▶ Brief
Set down, exactly as written, every line from the top of the records below to the line containing "after_first (String.◌∷◌ c", both ends included, and no others.
(Material for this exercise begins)
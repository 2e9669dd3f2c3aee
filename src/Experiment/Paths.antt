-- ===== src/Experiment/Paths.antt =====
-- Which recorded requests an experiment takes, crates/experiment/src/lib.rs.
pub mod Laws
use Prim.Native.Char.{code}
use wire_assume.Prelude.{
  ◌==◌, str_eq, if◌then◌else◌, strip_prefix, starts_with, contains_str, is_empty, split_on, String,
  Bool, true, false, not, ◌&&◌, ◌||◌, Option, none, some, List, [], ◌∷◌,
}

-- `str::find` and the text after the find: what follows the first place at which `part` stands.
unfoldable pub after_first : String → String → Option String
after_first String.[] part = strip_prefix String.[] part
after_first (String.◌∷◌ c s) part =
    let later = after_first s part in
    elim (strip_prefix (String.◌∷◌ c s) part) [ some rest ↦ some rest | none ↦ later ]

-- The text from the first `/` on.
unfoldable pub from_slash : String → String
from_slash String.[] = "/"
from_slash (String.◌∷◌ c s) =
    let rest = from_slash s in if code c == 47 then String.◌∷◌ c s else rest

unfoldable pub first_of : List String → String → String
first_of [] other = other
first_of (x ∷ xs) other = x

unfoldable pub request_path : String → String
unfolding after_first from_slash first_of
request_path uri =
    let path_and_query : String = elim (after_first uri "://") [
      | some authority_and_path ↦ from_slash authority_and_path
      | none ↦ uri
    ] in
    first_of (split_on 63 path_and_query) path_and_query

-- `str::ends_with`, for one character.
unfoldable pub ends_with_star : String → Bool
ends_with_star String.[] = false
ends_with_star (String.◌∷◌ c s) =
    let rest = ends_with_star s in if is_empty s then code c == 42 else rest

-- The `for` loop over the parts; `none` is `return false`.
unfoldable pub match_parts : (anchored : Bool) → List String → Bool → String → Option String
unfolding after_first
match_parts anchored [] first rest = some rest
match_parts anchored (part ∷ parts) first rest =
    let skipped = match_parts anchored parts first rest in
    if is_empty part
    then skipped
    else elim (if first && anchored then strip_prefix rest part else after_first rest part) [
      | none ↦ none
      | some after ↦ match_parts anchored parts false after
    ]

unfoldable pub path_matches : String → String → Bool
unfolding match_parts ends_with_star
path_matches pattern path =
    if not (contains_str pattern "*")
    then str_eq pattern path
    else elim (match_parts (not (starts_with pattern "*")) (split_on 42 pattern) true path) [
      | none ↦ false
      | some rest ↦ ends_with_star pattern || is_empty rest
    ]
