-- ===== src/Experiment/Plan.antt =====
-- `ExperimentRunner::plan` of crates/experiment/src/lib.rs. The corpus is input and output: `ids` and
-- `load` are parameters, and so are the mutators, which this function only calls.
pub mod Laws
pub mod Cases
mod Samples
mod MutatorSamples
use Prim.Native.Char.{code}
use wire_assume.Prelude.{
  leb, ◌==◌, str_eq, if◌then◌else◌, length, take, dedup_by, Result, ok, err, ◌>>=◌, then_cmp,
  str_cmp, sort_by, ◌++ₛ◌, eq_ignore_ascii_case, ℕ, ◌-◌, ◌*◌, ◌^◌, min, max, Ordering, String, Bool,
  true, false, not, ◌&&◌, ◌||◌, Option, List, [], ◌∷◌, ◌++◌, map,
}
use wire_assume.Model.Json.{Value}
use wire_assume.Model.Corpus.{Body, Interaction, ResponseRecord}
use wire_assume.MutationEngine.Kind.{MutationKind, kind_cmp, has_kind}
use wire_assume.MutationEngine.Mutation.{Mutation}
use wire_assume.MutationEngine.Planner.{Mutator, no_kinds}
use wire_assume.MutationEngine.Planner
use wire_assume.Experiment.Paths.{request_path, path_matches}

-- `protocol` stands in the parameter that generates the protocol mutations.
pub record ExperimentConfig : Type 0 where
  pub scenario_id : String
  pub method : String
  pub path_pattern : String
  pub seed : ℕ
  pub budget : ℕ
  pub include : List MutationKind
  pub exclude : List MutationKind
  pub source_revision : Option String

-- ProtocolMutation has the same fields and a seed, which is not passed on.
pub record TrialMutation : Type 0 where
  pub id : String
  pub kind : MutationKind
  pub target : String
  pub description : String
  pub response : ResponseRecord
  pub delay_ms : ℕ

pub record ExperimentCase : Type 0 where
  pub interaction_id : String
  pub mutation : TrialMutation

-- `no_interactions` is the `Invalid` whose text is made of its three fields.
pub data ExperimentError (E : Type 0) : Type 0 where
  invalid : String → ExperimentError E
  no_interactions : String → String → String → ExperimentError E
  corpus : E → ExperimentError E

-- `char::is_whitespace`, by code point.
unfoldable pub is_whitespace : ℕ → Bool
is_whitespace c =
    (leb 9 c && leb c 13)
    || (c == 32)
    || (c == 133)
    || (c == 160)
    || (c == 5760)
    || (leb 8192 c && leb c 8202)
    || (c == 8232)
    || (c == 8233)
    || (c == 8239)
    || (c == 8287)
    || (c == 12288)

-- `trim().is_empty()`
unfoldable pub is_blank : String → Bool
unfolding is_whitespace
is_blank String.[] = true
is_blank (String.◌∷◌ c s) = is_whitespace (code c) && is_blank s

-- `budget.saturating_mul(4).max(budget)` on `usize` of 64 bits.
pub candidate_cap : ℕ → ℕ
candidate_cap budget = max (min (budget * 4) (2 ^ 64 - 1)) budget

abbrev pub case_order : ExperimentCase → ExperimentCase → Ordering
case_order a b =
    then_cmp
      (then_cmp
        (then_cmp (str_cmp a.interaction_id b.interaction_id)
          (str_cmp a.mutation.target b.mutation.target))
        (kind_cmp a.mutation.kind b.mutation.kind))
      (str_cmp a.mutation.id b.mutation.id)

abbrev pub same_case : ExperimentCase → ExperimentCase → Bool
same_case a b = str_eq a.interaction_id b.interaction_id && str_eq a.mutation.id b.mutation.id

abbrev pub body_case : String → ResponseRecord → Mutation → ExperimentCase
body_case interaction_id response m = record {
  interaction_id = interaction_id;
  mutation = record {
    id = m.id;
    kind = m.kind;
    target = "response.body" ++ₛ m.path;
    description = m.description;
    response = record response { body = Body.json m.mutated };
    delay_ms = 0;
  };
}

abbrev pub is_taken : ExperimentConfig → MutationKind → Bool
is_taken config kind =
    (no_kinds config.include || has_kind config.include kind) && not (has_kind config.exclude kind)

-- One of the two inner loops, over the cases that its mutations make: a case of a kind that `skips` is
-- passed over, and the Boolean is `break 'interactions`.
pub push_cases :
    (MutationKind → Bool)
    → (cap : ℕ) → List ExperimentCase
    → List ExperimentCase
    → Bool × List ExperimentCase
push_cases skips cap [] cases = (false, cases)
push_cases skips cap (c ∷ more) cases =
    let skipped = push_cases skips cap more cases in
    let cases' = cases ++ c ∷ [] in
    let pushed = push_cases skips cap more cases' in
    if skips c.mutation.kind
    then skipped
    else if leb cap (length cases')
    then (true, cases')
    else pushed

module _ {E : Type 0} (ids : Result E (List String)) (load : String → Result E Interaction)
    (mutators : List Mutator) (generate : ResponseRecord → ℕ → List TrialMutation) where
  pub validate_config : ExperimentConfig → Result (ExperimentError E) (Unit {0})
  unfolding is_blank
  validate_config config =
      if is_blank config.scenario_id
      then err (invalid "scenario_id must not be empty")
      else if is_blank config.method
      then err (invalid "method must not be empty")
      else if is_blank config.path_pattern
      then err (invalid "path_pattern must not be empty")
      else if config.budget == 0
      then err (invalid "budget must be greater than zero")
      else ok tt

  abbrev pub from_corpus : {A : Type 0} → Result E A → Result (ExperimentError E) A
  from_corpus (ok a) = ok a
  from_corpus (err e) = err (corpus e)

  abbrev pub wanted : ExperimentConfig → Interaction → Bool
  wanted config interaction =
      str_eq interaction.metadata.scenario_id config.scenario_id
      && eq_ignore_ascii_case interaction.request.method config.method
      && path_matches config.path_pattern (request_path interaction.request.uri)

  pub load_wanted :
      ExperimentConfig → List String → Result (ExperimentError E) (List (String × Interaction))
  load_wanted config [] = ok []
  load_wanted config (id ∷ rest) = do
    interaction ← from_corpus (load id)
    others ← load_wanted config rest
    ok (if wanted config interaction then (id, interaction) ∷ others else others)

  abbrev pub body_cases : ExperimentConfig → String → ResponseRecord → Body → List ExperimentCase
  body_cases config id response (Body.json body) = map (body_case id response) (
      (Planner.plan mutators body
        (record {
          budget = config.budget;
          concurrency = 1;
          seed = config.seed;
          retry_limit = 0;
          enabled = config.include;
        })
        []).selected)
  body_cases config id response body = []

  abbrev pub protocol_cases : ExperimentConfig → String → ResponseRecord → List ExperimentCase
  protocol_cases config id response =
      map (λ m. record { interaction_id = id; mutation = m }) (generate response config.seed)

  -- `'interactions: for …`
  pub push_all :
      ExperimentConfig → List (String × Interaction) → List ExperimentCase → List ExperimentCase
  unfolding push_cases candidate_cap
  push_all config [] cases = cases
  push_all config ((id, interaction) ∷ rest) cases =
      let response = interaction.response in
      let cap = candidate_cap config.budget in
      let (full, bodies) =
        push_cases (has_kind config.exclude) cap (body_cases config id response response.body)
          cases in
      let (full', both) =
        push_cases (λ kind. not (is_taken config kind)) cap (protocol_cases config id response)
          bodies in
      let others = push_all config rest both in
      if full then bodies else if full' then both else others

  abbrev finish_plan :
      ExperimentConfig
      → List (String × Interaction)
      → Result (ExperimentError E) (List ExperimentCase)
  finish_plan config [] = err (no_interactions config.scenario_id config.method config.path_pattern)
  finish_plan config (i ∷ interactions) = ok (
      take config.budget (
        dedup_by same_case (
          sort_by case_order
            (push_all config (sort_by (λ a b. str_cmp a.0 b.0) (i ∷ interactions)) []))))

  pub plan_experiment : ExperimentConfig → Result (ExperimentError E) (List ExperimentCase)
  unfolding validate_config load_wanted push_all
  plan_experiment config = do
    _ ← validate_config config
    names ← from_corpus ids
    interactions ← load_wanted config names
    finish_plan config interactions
(Material for this exercise ends)
▶ Result of this task
repository 2e9669dd3f2c3aee
filename src/Experiment/Paths.antt
-- ===== src/Experiment/Paths.antt =====
-- Which recorded requests an experiment takes, crates/experiment/src/lib.rs.
pub mod Laws
use Prim.Native.Char.{code}
use wire_assume.Prelude.{
  ◌==◌, str_eq, if◌then◌else◌, strip_prefix, starts_with, contains_str, is_empty, split_on, String,
  Bool, true, false, not, ◌&&◌, ◌||◌, Option, none, some, List, [], ◌∷◌,
}

-- `str::find` and the text after the find: what follows the first place at which `part` stands.
unfoldable pub after_first : String → String → Option String
after_first String.[] part = strip_prefix String.[] part
after_first (String.◌∷◌ c s) part =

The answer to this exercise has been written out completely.